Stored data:

+ + + +

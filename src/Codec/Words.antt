-- ===== src/Codec/Words.antt =====
-- Keys of a word and a number, big endian (milli/src/heed_codec/str_beu32_codec.rs), and the slice
-- helper `try_split_at` (milli/src/lib.rs). Strings are their bytes; `is_utf8` is the test of
-- `str::from_utf8`.
use milli.Base.{
  ℕ, ◌-◌, Bool, true, List, [], ◌∷◌, ◌++◌, Option, none, some, ◌==◌, length, take, drop, ltb, leb,
  if◌then◌else◌,
}
use milli.Codec.Bytes.{to_ne_bytes, from_ne_bytes}

unfoldable pub try_split_at : {A : Type 0} → List A → ℕ → Option (List A × List A)
try_split_at slice mid =
    if leb mid (length slice) then some (take mid slice, drop mid slice) else none

-- `head.try_into().ok()?` asks for exactly `n` elements.
unfoldable pub try_split_array_at : {A : Type 0} → ℕ → List A → Option (List A × List A)
unfolding try_split_at
try_split_array_at n slice = elim (try_split_at slice n) [
  | none ↦ none
  | some (head, tail) ↦ if length head == n then some (head, tail) else none
]

-- `<[u8; 4]>::try_from` and `u32::from_be_bytes`.
unfoldable pub from_be_bytes : List ℕ → Option ℕ
from_be_bytes (a ∷ b ∷ c ∷ d ∷ []) = some (from_ne_bytes true a b c d)
from_be_bytes _ = none

abbrev map_pair : List ℕ → Option ℕ → Option (List ℕ × ℕ)
map_pair word none = none
map_pair word (some pos) = some (word, pos)

module _ (is_utf8 : List ℕ → Bool) where
  unfoldable pub str_beu32_decode : List ℕ → Option (List ℕ × ℕ)
  unfolding from_be_bytes
  str_beu32_decode bytes =
      if ltb (length bytes) 4
      then none
      else (let word = take (length bytes - 4) bytes in
          if is_utf8 word
          then map_pair word (from_be_bytes (drop (length bytes - 4) bytes))
          else none)

unfoldable pub str_beu32_encode : List ℕ × ℕ → Option (List ℕ)
str_beu32_encode (word, pos) = some (word ++ to_ne_bytes true pos)
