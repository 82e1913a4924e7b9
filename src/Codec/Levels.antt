-- ===== src/Codec/Levels.antt =====
-- The keys of the levels of numbers: FacetLevelValueF64Codec (milli/src/heed_codec/facet/
-- facet_level_value_f64_codec.rs). Where the code would panic on a key that is too short, there is no
-- result.
use milli.Base.{
  ℕ, ◌^◌, ◌<◌, true, List, [], ◌∷◌, ◌++◌, Option, none, some, length, take, drop, ◌==◌,
  if◌then◌else◌, ◌≡◌, refl, arith, Bool-cases, inl, inr,
}
use milli.Codec.BigEndian.{to_be_bytes, read_be_bytes, read_be_bytes-to_be_bytes}
use milli.Codec.Floats.{is_finite, ordered, f64_into_bytes, f64_into_bytes-ordered}
use milli.Codec.Words.{try_split_at, try_split_array_at}

abbrev pub FacetKey : Type 0
FacetKey = ℕ × ℕ × ℕ × ℕ

-- The key of field, level, left and right bound, once the ordered bounds are known.
abbrev key_bytes : FacetKey → Option (List ℕ) → Option (List ℕ) → Option (List ℕ)
key_bytes (field_id, level, left, right) (some x) (some y) =
    if level == 0
    then some (to_be_bytes 2 field_id ++ level ∷ x ++ to_be_bytes 8 left)
    else some
        (to_be_bytes 2 field_id ++ level ∷ x ++ y ++ to_be_bytes 8 left ++ to_be_bytes 8 right)
key_bytes (field_id, level, left, right) (some x) none =
    if level == 0 then some (to_be_bytes 2 field_id ++ level ∷ x ++ to_be_bytes 8 left) else none
key_bytes (field_id, level, left, right) none y = none

unfoldable pub level_f64_encode : FacetKey → Option (List ℕ)
unfolding f64_into_bytes
level_f64_encode (field_id, level, left, right) =
    key_bytes (field_id, level, left, right) (f64_into_bytes left) (f64_into_bytes right)

-- `try_into().ok().map(from_be_bytes)` for a number of so many bytes.
unfoldable pub try_read : ℕ → List ℕ → Option ℕ
unfolding read_be_bytes
try_read size bytes = if length bytes == size then some (read_be_bytes 0 bytes) else none

abbrev join_bounds : ℕ → ℕ → Option ℕ → Option ℕ → Option FacetKey
join_bounds field_id level (some left) (some right) = some (field_id, level, left, right)
join_bounds field_id level _ _ = none

unfoldable pub decode_bounds : ℕ → ℕ → List ℕ → Option FacetKey
unfolding try_read
decode_bounds field_id level bytes =
    if level == 0
    then (let left = try_read 8 (drop 8 bytes) in join_bounds field_id level left left)
    else join_bounds field_id level (try_read 8 (take 8 (drop 16 bytes)))
        (try_read 8 (drop 24 bytes))

unfoldable pub decode_level : ℕ → List ℕ → Option FacetKey
unfolding decode_bounds
decode_level field_id [] = none
decode_level field_id (level ∷ bytes) = decode_bounds field_id level bytes

unfoldable pub level_f64_decode : List ℕ → Option FacetKey
unfolding decode_level try_split_array_at read_be_bytes
level_f64_decode bytes = elim (try_split_array_at 2 bytes) [
  | none ↦ none
  | some (field_id, rest) ↦ decode_level (read_be_bytes 0 field_id) rest
]

-- A key is read back; at level 0 the right bound is read as the left one.
pub level_f64_decode-level_f64_encode :
    (field_id level left right : ℕ)
    → field_id < 2 ^ 16
    → left < 2 ^ 64
    → right < 2 ^ 64
    → is_finite left ≡ true
    → is_finite right ≡ true
    → (bytes : List ℕ) × (level_f64_encode (field_id, level, left, right) ≡ some bytes)
      × (level_f64_decode bytes ≡ some (field_id, level, left, if level == 0 then left else right))
unfolding level_f64_encode level_f64_decode decode_level decode_bounds try_read to_be_bytes
    try_split_array_at try_split_at
level_f64_decode-level_f64_encode field_id level left right hf hl hr fl fr =
    let x = f64_into_bytes-ordered left hl fl in
    let y = f64_into_bytes-ordered right hr fr in
    let f = read_be_bytes-to_be_bytes 2 field_id (omega arith) in
    let l = read_be_bytes-to_be_bytes 8 left (omega arith) in
    let r = read_be_bytes-to_be_bytes 8 right (omega arith) in
    elim (Bool-cases (level == 0)) [
      | inl zero_level ↦ (
        to_be_bytes 2 field_id ++ level ∷ to_be_bytes 8 (ordered left) ++ to_be_bytes 8 left,
        rw (x, y, zero_level) refl,
        rw (zero_level, f, l) refl,
      )
      | inr above ↦ (
        to_be_bytes 2 field_id
            ++ level ∷ to_be_bytes 8 (ordered left)
            ++ to_be_bytes 8 (ordered right)
            ++ to_be_bytes 8 left
            ++ to_be_bytes 8 right,
        rw (x, y, above) refl,
        rw (above, f, l, r) refl,
      )
    ]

+ + + +

[Exercise instructions]
Every line with "omega" in it should be copied from the entries.

[Answer to this exercise]
    let f = read_be_bytes-to_be_bytes 2 field_id (omega arith) in
    let l = read_be_bytes-to_be_bytes 8 left (omega arith) in
    let r = read_be_bytes-to_be_bytes 8 right (omega arith) in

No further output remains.